Sen. Kamala Harris (D-CA) revealed the list of her four favorite politicians of all time on Friday while appearing on Will Ferrell’s “Ron Burgundy Podcast.”

The Democratic presidential candidate was quick to name her top three favorites, which consisted of former Rep. Shirley Chisholm (D-NY), who was the first black woman elected to Congress; former Attorney General Robert F. Kennedy; and Abraham Lincoln, the first Republican president.

“You know, one of the people I think is really great, who is still living but who has done really great work on an issue like climate change, for example, is Jerry Brown,” Harris said, seemingly placing the former California Governor as her number four pick.

“I mean, I didn’t agree with everything he did, but I do appreciate that he always as a leader had a vision of the future and tried to connect where we’re going to end up with where we are now,” she continued. “And thinking about solutions and ways to mitigate harm in the future.”

Harris acknowledged that as she often looks to these individuals for inspiration when she feels exhausted or overwhelmed by politics, especially while she has been campaigning for the Democratic nomination for the presidency.

“Someone I’ve been thinking a lot about, because I am running for president, is Shirley Chisholm,” Harris said. “I love the fact that she would just own that microphone and speak truth. And unburdened by what others might think of as the appropriateness of her being present and speaking as forcefully and as strongly as she did.”

Chisholm became the first black major-party candidate to run for president after she formally launched her campaign in 1972. Her campaign slogan at the time was “Unbought and unbossed,” which has been influential to the California senator.

“I take great inspiration from that [slogan] because she understood that she was a voice of truth and a voice that must be heard,” Harris said. “She just went to that microphone and took hold of it and didn’t ask permission.”

Harris has often expressed her admiration for the former New York congresswoman, especially during Black History Month and Women’s History Month.

“Shirley Chisholm created a path for me and so many others,” she tweeted in Feb. 2018. “She is one of the reasons I am serving the people of California in the U.S. Senate today.”

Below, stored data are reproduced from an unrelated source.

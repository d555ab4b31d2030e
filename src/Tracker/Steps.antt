-- ===== src/Tracker/Steps.antt =====
-- exec_ops/simple_tracker/tracker.go: new tracks, old tracks, and the matrix of a frame.
use skyhookml.Prelude.{
  Dict, lookup, keys, contains, Distinct, lookup-keys, ◌==◌, nat_eq, text_eq, pair_eq, ℕ, zero, suc,
  ◌+◌, ◌<◌, ◌≡◌, refl, sym, ap, subst, ◌∙◌, inl, inr, Bool, true, false, none, some, List, [], ◌∷◌,
  arith, Bool-cases, length, get_elem?, length-append,
}
use skyhookml.Data.Detection.{Detection}
use skyhookml.Prelude.Int.{pos, ◌-ℤ◌, ltb_ℤ}
use skyhookml.Tracker.{
  estimate_from, closest, init, get_max_age, get_velocity_steps, Params, TrackedDetection, Outside,
  Track, last, State, tracked, values, estimate_position, row_scores, compute_scores, new_track,
  new_tracks, remove_old, ltb_ℤ, closest, pos,
}
use skyhookml.Tracker.Matches.{IsWide}
use skyhookml.Tracker.Frames.{
  track_ids, unmatched, AllLast, IsLive, IsLive-insert, outputs-Distinct, outputs-below,
}

-- The frame after the detections without a match have got new tracks.
new_track-IsFrame :
    {S : Type 0} (frame_idx : ℕ) (d : Detection S) (s : State S)
    → IsLive s.next_track_id s.active_tracks
    → ((id : ℕ) → contains (track_ids s.ndetections) id ≡ true → id < s.next_track_id)
    → Distinct (track_ids s.ndetections)
    → IsLive (s.next_track_id + 1) (new_track frame_idx d s).active_tracks
      × ((id : ℕ)
          → contains (track_ids (new_track frame_idx d s).ndetections) id ≡ true
          → id < s.next_track_id + 1)
      × Distinct (track_ids (new_track frame_idx d s).ndetections)
unfolding new_track
new_track-IsFrame frame_idx d s live below distinct =
    let detection = record d { track_id = s.next_track_id } in
    let fresh : contains (track_ids s.ndetections) s.next_track_id ≡ false =
      elim (Bool-cases (contains (track_ids s.ndetections) s.next_track_id)) [
        | inr out ↦ out
        | inl inside ↦ absurd (omega (arith, below s.next_track_id inside))
      ] in
    let grown : IsLive (s.next_track_id + 1) s.active_tracks = record {
      distinct = live.distinct;
      below = λ id c. omega (arith, live.below id c);
      lasts = live.lasts;
    } in
    (
      IsLive-insert s.next_track_id (s.next_track_id + 1) [] (tracked frame_idx detection)
          s.active_tracks (omega arith) grown,
      outputs-below s.ndetections detection (s.next_track_id + 1)
          (λ id c. omega (arith, below id c)) (omega arith),
      outputs-Distinct s.ndetections detection distinct fresh,
    )

pub new_tracks-IsFrame :
    {S : Type 0} (frame_idx : ℕ) (dlist : List (Detection S)) (matched : List Bool) (s : State S)
    → length matched ≡ length dlist
    → IsLive s.next_track_id s.active_tracks
    → ((id : ℕ) → contains (track_ids s.ndetections) id ≡ true → id < s.next_track_id)
    → Distinct (track_ids s.ndetections)
    → IsLive
        (new_tracks frame_idx dlist matched s).next_track_id
        (new_tracks frame_idx dlist matched s).active_tracks
      × Distinct (track_ids (new_tracks frame_idx dlist matched s).ndetections)
      × (length (new_tracks frame_idx dlist matched s).ndetections
          ≡ length s.ndetections + unmatched matched)
unfolding new_tracks new_track
new_tracks-IsFrame frame_idx [] [] s len live below distinct = (live, distinct, omega arith)
new_tracks-IsFrame frame_idx [] (m ∷ matched) s len live below distinct =
    absurd (omega (arith, len))
new_tracks-IsFrame frame_idx (d ∷ dlist) [] s len live below distinct = absurd (omega (arith, len))
new_tracks-IsFrame frame_idx (d ∷ dlist) (true ∷ matched) s len live below distinct =
    new_tracks-IsFrame frame_idx dlist matched s (omega (arith, len)) live below distinct
new_tracks-IsFrame frame_idx (d ∷ dlist) (false ∷ matched) s len live below distinct =
    let (live', below', distinct') = new_track-IsFrame frame_idx d s live below distinct in
    let (live'', distinct'', count) =
      new_tracks-IsFrame frame_idx dlist matched (new_track frame_idx d s) (omega (arith, len))
        live' below' distinct' in
    (
      live'',
      distinct'',
      omega (
        arith,
        count,
        length-append s.ndetections (record d { track_id = s.next_track_id } ∷ []),
      ),
    )

pub remove_old-AllLast :
    {S : Type 0} (params : Params S) (frame_idx : ℕ) (active : Dict ℕ (Track S))
    → AllLast active
    → Distinct (keys active)
    → (left : Dict ℕ (Track S)) × (remove_old params frame_idx active ≡ some left)
      × AllLast left
      × Distinct (keys left)
      × ((id : ℕ) → contains (keys left) id ≡ true → contains (keys active) id ≡ true)
unfolding remove_old
remove_old-AllLast params frame_idx [] all d = ([], refl, tt, tt, λ id c. c)
remove_old-AllLast params frame_idx ((id, track) ∷ active) all d =
    let (end, e) = all.0 in
    let (left, run, lasts, distinct, within) =
      remove_old-AllLast params frame_idx active all.1 d.1 in
    elim (Bool-cases (ltb_ℤ (pos frame_idx -ℤ pos end.frame_idx) (get_max_age params))) [
      | inl young ↦ (
        (id, track) ∷ left,
        rw (e, run, young) refl,
        (all.0, lasts),
        (ground (arith, within id, d.0), distinct),
        λ j c. ground (arith, c, within j),
      )
      | inr old ↦ (left, rw (e, run, old) refl, lasts, distinct, λ j c. ground (arith, within j c))
    ]

-- An order in which Go may range over the tracks.
abbrev pub Within : {S : Type 0} → Dict ℕ (Track S) → Dict ℕ (Track S) → Type 0
Within active [] = Unit
Within active ((id, track) ∷ order) = (lookup id active ≡ some track) × Within active order

abbrev pub IsRange : {S : Type 0} → Outside S → Type 0
IsRange {S = S} o =
    (n : ℕ) (active : Dict ℕ (Track S))
    → Distinct (keys active)
    → Distinct (keys (o.range_tracks n active)) × Within active (o.range_tracks n active)

AllLast-lookup :
    {S : Type 0} (active : Dict ℕ (Track S)) (id : ℕ) (track : Track S)
    → AllLast active
    → lookup id active ≡ some track
    → (end : TrackedDetection S) × (last track ≡ some end)
AllLast-lookup [] id track all e = cc
AllLast-lookup ((j, t) ∷ active) id track all e = elim (Bool-cases (j == id)) [
  | inl same ↦ let t≡ : t ≡ track = ground (arith, e, same) in (all.0.0, ap last (sym t≡) ∙ all.0.1)
  | inr other ↦ AllLast-lookup active id track all.1 (ground (arith, e, other))
]

pub Within-AllLast :
    {S : Type 0} (active order : Dict ℕ (Track S))
    → AllLast active
    → Within active order
    → AllLast order
Within-AllLast active [] all within = tt
Within-AllLast active ((id, track) ∷ order) all within =
    (AllLast-lookup active id track all within.0, Within-AllLast active order all within.1)

pub Within-contains :
    {S : Type 0} (active order : Dict ℕ (Track S)) (i id : ℕ)
    → Within active order
    → get_elem? (keys order) i ≡ some id
    → contains (keys active) id ≡ true
Within-contains active [] i id within e = cc
Within-contains active ((j, track) ∷ order) zero id within e =
    let j≡ : j ≡ id = cc in
    subst (λ k. contains (keys active) k ≡ true) j≡ (lookup-keys j active track within.0)
Within-contains active ((j, track) ∷ order) (suc i) id within e =
    Within-contains active order i id within.1 e

module _ {S : Type 0} (o : Outside S) (params : Params S) where
  length-row_scores :
      (d : Detection S) (dlist : List (Detection S))
      → length (row_scores o params d dlist) ≡ length dlist
  unfolding row_scores
  length-row_scores d [] = refl
  length-row_scores d (e ∷ dlist) = ap suc (length-row_scores d dlist)

  estimate_some :
      (n : ℕ) (track : Track S) (end : TrackedDetection S)
      → last track ≡ some end
      → (estimate : Detection S) × (estimate_position o params n track ≡ some estimate)
  unfolding estimate_position
  estimate_some n track end e =
      let best = closest (pos end.frame_idx -ℤ get_velocity_steps params) (init track) none in
      (estimate_from o params n end best, rw e refl)

  pub compute_scores-IsWide :
      (n : ℕ) (order : Dict ℕ (Track S)) (dlist : List (Detection S))
      → AllLast order
      → (matrix : List (List S)) × (compute_scores o params n (values order) dlist ≡ some matrix)
        × IsWide (length dlist) matrix
        × (length matrix ≡ length (keys order))
  unfolding compute_scores
  compute_scores-IsWide n [] dlist all = ([], refl, tt, refl)
  compute_scores-IsWide n ((id, track) ∷ order) dlist all =
      let (estimate, e) = estimate_some n track all.0.0 all.0.1 in
      let (matrix, run, wide, len) = compute_scores-IsWide n order dlist all.1 in
      (
        row_scores o params estimate dlist ∷ matrix,
        rw (e, run) refl,
        (length-row_scores estimate dlist, wide),
        ap suc len,
      )
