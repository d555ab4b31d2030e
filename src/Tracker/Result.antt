-- ===== src/Tracker/Result.antt =====
-- exec_ops/simple_tracker/tracker.go: every frame keeps its detections, with distinct track ids.
use skyhookml.Prelude.{
  Dict, keys, Distinct, nat_eq, text_eq, pair_eq, ℕ, zero, suc, ◌+◌, ◌<◌, ◌≡◌, refl, ap, false,
  some, List, [], ◌∷◌, arith, length, get_elem?, replicate, length-replicate,
}
use skyhookml.Data.Detection.{Detection}
use skyhookml.Tracker.{Params, Outside, Track, State, new_tracks, track_frame, track_frames, track}
use skyhookml.Tracker.Matches.{IsTransitive, IsWide, get_elem?-some, get_elem?-lt, IsWide-get_elem?}
use skyhookml.Tracker.OneToOne.{AllScored, extract_matches_lem}
use skyhookml.Tracker.Frames.{track_ids, unmatched, IsLive}
use skyhookml.Tracker.Adding.{AllFree, add_matches-IsFrame}
use skyhookml.Tracker.Steps.{
  new_tracks-IsFrame, remove_old-AllLast, IsRange, Within, Within-AllLast, Within-contains,
  compute_scores-IsWide,
}

unmatched-replicate : (n : ℕ) → unmatched (replicate n false) ≡ n
unmatched-replicate zero = refl
unmatched-replicate (suc n) = ap suc (unmatched-replicate n)

get_elem?-replicate : (n j : ℕ) → j < n → get_elem? (replicate n false) j ≡ some false
get_elem?-replicate zero j lt = absurd (omega (arith, lt))
get_elem?-replicate (suc n) zero lt = refl
get_elem?-replicate (suc n) (suc j) lt = get_elem?-replicate n j (omega (arith, lt))

-- The output has for every frame as many detections, and no track id twice.
abbrev pub AllTracked :
    {S : Type 0} → List (List (Detection S)) → List (List (Detection S)) → Type 0
AllTracked [] [] = Unit
AllTracked [] (out ∷ outs) = ⊥
AllTracked (dlist ∷ detections) [] = ⊥
AllTracked (dlist ∷ detections) (out ∷ outs) =
    (length out ≡ length dlist) × Distinct (track_ids out) × AllTracked detections outs

module _ {S : Type 0} (o : Outside S) (params : Params S) (trans : IsTransitive o.gt)
    (range : IsRange o) where
  scored-AllFree :
      (n next wide : ℕ) (active order : Dict ℕ (Track S)) (matrix : List (List S))
      (matches : List (ℕ × ℕ))
      → IsLive next active
      → Within active order
      → IsWide wide matrix
      → length matrix ≡ length (keys order)
      → AllScored o params matrix matches
      → AllFree (keys order) [] (replicate wide false) next matches
  scored-AllFree n next wide active order matrix [] live within is_wide len all = tt
  scored-AllFree n next wide active order matrix ((i, j) ∷ matches) live within is_wide len all =
      let (score, (row, found, in_row, above)) = all.0 in
      let (id, e) =
        get_elem?-some (keys order) i (omega (arith, len, get_elem?-lt matrix i row found)) in
      (
        (id, e, live.below id (Within-contains active order i id within e), refl),
        get_elem?-replicate wide j (
            omega (
              arith,
              get_elem?-lt row j score in_row,
              IsWide-get_elem? wide matrix i row is_wide found,
            )),
        scored-AllFree n next wide active order matrix matches live within is_wide len all.1,
      )

  track_frame-IsLive :
      (n next : ℕ) (dlist : List (Detection S)) (active : Dict ℕ (Track S))
      → IsLive next active
      → (s : State S) × (track_frame o params n dlist active next ≡ some s)
        × IsLive s.next_track_id s.active_tracks
        × (length s.ndetections ≡ length dlist)
        × Distinct (track_ids s.ndetections)
  unfolding track_frame
  track_frame-IsLive n next dlist active live =
      let order = o.range_tracks n active in
      let (distinct, within) = range n active live.distinct in
      let (matrix, scores, wide, len) =
        compute_scores-IsWide o params n order dlist
          (Within-AllLast active order live.lasts within) in
      let (matches, found, scored, rows, cols) =
        extract_matches_lem o params matrix (length dlist) trans wide in
      let begin : State S = record {
        active_tracks = active;
        next_track_id = next;
        ndetections = [];
        matched = replicate (length dlist) false;
      } in
      let (s, added, f) =
        add_matches-IsFrame n (keys order) dlist matches begin
          (record {
            live = live;
            distinct = tt;
            below = λ id c. cc;
            count = omega (arith, unmatched-replicate (length dlist));
            flags = length-replicate (length dlist) false;
          })
          distinct rows cols
          (scored-AllFree n next (length dlist) active order matrix matches live within wide len
            scored) in
      let (live', distinct', count) =
        new_tracks-IsFrame n dlist s.matched s f.flags f.live f.below f.distinct in
      let end = new_tracks n dlist s.matched s in
      let (left, removed, lasts, left_distinct, inside) =
        remove_old-AllLast params n end.active_tracks live'.lasts live'.distinct in
      (
        record end { active_tracks = left },
        rw (scores, found, added, removed) refl,
        record {
          distinct = left_distinct;
          below = λ id c. live'.below id (inside id c);
          lasts = lasts;
        },
        omega (arith, count, f.count),
        distinct',
      )

  track_frames-AllTracked :
      (n next : ℕ) (detections : List (List (Detection S))) (active : Dict ℕ (Track S))
      → IsLive next active
      → (outs : List (List (Detection S))) × (track_frames o params n detections active next
          ≡ some outs)
        × AllTracked detections outs
  unfolding track_frames
  track_frames-AllTracked n next [] active live = ([], refl, tt)
  track_frames-AllTracked n next (dlist ∷ detections) active live =
      let (s, run, live', len, distinct) = track_frame-IsLive n next dlist active live in
      let (outs, rest, all) =
        track_frames-AllTracked (n + 1) s.next_track_id detections s.active_tracks live' in
      (s.ndetections ∷ outs, rw (run, rest) refl, (len, distinct, all))

  -- The simple tracker does not panic, and its output has for every frame as many detections as
  -- the input, no two of which have one track id, whatever the orders in which Go ranges over the
  -- active tracks, each once. The comparison of scores is transitive.
  pub track_lem :
      (detections : List (List (Detection S)))
      → (outs : List (List (Detection S))) × (track o params detections ≡ some outs)
        × AllTracked detections outs
  unfolding track
  track_lem detections =
      track_frames-AllTracked 0 1 detections []
        (record { distinct = tt; below = λ id c. cc; lasts = tt })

Days later, Harris penned an op-ed in Essence magazine where she called for more black women to follow in Chisholm’s footsteps and run for elected positions across the country, as well as urging for Congress to pass legislation that would place a statue of Chisholm inside the nation’s Capitol Building.

“Fifty years from now, I hope that statue stands among the other American icons we honor in the Capitol. I hope Black women crowd into the Senators-only elevator, giving every American equal voice and equal representation,” Harris wrote. “And I hope that all our nation’s leaders demonstrate the guts, grit, and grace that Shirley Chisholm taught us.”